Collected data entries:
=== Begin Enclosure ===

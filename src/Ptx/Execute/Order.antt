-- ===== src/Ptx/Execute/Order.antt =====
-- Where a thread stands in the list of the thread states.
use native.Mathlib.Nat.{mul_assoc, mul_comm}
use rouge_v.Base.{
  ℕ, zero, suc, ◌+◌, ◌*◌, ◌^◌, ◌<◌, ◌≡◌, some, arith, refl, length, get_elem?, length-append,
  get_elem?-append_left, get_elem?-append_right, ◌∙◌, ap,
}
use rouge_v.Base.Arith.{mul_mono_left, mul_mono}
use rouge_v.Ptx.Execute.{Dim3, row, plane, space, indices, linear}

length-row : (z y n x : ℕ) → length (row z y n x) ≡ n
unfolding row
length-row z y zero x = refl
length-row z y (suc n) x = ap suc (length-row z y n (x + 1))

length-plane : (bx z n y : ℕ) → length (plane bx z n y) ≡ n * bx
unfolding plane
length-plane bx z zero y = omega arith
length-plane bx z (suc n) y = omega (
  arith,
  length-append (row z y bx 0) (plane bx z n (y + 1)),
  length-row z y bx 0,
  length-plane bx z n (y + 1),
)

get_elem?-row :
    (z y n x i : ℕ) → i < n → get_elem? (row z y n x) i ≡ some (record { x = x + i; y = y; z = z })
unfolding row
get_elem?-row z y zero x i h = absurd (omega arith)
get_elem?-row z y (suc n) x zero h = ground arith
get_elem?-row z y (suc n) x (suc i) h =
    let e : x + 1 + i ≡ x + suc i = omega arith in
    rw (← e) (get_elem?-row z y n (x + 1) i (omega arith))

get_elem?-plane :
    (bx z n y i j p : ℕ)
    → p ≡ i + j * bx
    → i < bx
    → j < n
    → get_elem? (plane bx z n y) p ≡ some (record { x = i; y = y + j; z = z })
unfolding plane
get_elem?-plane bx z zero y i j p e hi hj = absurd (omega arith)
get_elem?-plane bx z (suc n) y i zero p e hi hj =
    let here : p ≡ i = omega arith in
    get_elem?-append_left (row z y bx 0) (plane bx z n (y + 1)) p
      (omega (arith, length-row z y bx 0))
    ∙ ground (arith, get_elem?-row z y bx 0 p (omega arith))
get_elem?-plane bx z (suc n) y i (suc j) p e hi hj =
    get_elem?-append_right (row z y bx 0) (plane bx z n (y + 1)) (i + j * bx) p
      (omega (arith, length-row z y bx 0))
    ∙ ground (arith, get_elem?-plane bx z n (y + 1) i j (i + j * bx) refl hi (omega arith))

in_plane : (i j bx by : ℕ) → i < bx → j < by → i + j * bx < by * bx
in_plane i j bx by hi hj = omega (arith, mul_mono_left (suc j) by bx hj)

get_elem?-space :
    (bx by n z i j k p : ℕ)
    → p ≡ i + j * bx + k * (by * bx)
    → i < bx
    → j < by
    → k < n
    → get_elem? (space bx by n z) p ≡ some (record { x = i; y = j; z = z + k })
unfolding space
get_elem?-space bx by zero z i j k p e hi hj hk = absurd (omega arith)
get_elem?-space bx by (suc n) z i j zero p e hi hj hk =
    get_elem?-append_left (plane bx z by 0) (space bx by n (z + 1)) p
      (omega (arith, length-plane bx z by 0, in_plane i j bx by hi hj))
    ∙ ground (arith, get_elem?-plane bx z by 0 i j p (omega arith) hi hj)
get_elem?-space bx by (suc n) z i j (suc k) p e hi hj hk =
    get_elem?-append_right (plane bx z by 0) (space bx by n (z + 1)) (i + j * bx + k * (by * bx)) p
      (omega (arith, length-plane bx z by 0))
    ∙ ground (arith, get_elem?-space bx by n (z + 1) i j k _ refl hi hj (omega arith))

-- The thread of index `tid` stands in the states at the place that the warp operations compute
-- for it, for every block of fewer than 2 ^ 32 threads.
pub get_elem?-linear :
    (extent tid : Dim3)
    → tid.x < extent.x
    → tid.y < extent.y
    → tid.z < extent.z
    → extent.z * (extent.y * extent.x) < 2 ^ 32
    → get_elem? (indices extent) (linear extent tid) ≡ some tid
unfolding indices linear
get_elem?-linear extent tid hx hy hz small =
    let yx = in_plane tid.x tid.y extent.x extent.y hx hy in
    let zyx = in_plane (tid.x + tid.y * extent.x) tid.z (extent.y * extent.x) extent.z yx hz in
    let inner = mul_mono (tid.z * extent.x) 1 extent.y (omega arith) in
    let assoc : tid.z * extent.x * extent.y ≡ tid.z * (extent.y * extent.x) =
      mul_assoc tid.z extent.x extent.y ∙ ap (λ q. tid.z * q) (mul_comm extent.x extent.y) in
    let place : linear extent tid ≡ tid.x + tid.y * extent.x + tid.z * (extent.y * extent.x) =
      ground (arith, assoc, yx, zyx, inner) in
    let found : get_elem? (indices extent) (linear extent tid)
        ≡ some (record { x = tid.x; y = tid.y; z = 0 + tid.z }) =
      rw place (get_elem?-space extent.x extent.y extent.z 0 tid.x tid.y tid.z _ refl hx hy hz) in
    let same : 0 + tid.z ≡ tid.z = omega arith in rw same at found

=== End Enclosure ===

Brief >>
Retype every entry without changing anything.

Answer section >>
filename src/Ptx/Execute/Order.antt
-- ===== src/Ptx/Execute/Order.antt =====
-- Where a thread stands in the list of the thread states.
use native.Mathlib.Nat.{mul_assoc, mul_comm}
use rouge_v.Base.{
  ℕ, zero, suc, ◌+◌, ◌*◌, ◌^◌, ◌<◌, ◌≡◌, some, arith, refl, length, get_elem?, length-append,
  get_elem?-append_left, get_elem?-append_right, ◌∙◌, ap,
}
use rouge_v.Base.Arith.{mul_mono_left, mul_mono}
use rouge_v.Ptx.Execute.{Dim3, row, plane, space, indices, linear}

length-row : (z y n x : ℕ) → length (row z y n x) ≡ n
unfolding row
length-row z y zero x = refl
length-row z y (suc n) x = ap suc (length-row z y n (x + 1))

length-plane : (bx z n y : ℕ) → length (plane bx z n y) ≡ n * bx
unfolding plane
length-plane bx z zero y = omega arith
length-plane bx z (suc n) y = omega (
  arith,
  length-append (row z y bx 0) (plane bx z n (y + 1)),
  length-row z y bx 0,
  length-plane bx z n (y + 1),
)

get_elem?-row :
    (z y n x i : ℕ) → i < n → get_elem? (row z y n x) i ≡ some (record { x = x + i; y = y; z = z })
unfolding row
get_elem?-row z y zero x i h = absurd (omega arith)
get_elem?-row z y (suc n) x zero h = ground arith
get_elem?-row z y (suc n) x (suc i) h =
    let e : x + 1 + i ≡ x + suc i = omega arith in
    rw (← e) (get_elem?-row z y n (x + 1) i (omega arith))

get_elem?-plane :
    (bx z n y i j p : ℕ)
    → p ≡ i + j * bx
    → i < bx
    → j < n
    → get_elem? (plane bx z n y) p ≡ some (record { x = i; y = y + j; z = z })
unfolding plane
get_elem?-plane bx z zero y i j p e hi hj = absurd (omega arith)
get_elem?-plane bx z (suc n) y i zero p e hi hj =
    let here : p ≡ i = omega arith in
    get_elem?-append_left (row z y bx 0) (plane bx z n (y + 1)) p
      (omega (arith, length-row z y bx 0))
    ∙ ground (arith, get_elem?-row z y bx 0 p (omega arith))
get_elem?-plane bx z (suc n) y i (suc j) p e hi hj =
    get_elem?-append_right (row z y bx 0) (plane bx z n (y + 1)) (i + j * bx) p
      (omega (arith, length-row z y bx 0))
    ∙ ground (arith, get_elem?-plane bx z n (y + 1) i j (i + j * bx) refl hi (omega arith))

in_plane : (i j bx by : ℕ) → i < bx → j < by → i + j * bx < by * bx
in_plane i j bx by hi hj = omega (arith, mul_mono_left (suc j) by bx hj)

get_elem?-space :
    (bx by n z i j k p : ℕ)
    → p ≡ i + j * bx + k * (by * bx)
    → i < bx
    → j < by
    → k < n
    → get_elem? (space bx by n z) p ≡ some (record { x = i; y = j; z = z + k })
unfolding space
get_elem?-space bx by zero z i j k p e hi hj hk = absurd (omega arith)
get_elem?-space bx by (suc n) z i j zero p e hi hj hk =
    get_elem?-append_left (plane bx z by 0) (space bx by n (z + 1)) p
      (omega (arith, length-plane bx z by 0, in_plane i j bx by hi hj))
    ∙ ground (arith, get_elem?-plane bx z by 0 i j p (omega arith) hi hj)
get_elem?-space bx by (suc n) z i j (suc k) p e hi hj hk =
    get_elem?-append_right (plane bx z by 0) (space bx by n (z + 1)) (i + j * bx + k * (by * bx)) p
      (omega (arith, length-plane bx z by 0))
    ∙ ground (arith, get_elem?-space bx by n (z + 1) i j k _ refl hi hj (omega arith))

-- The thread of index `tid` stands in the states at the place that the warp operations compute
-- for it, for every block of fewer than 2 ^ 32 threads.
pub get_elem?-linear :
    (extent tid : Dim3)
    → tid.x < extent.x
    → tid.y < extent.y
    → tid.z < extent.z
    → extent.z * (extent.y * extent.x) < 2 ^ 32
    → get_elem? (indices extent) (linear extent tid) ≡ some tid
unfolding indices linear
get_elem?-linear extent tid hx hy hz small =
    let yx = in_plane tid.x tid.y extent.x extent.y hx hy in
    let zyx = in_plane (tid.x + tid.y * extent.x) tid.z (extent.y * extent.x) extent.z yx hz in
    let inner = mul_mono (tid.z * extent.x) 1 extent.y (omega arith) in
    let assoc : tid.z * extent.x * extent.y ≡ tid.z * (extent.y * extent.x) =
      mul_assoc tid.z extent.x extent.y ∙ ap (λ q. tid.z * q) (mul_comm extent.x extent.y) in
    let place : linear extent tid ≡ tid.x + tid.y * extent.x + tid.z * (extent.y * extent.x) =
      ground (arith, assoc, yx, zyx, inner) in
    let found : get_elem? (indices extent) (linear extent tid)
        ≡ some (record { x = tid.x; y = tid.y; z = 0 + tid.z }) =
      rw place (get_elem?-space extent.x extent.y extent.z 0 tid.x tid.y tid.z _ refl hx hy hz) in
    let same : 0 + tid.z ≡ tid.z = omega arith in rw same at found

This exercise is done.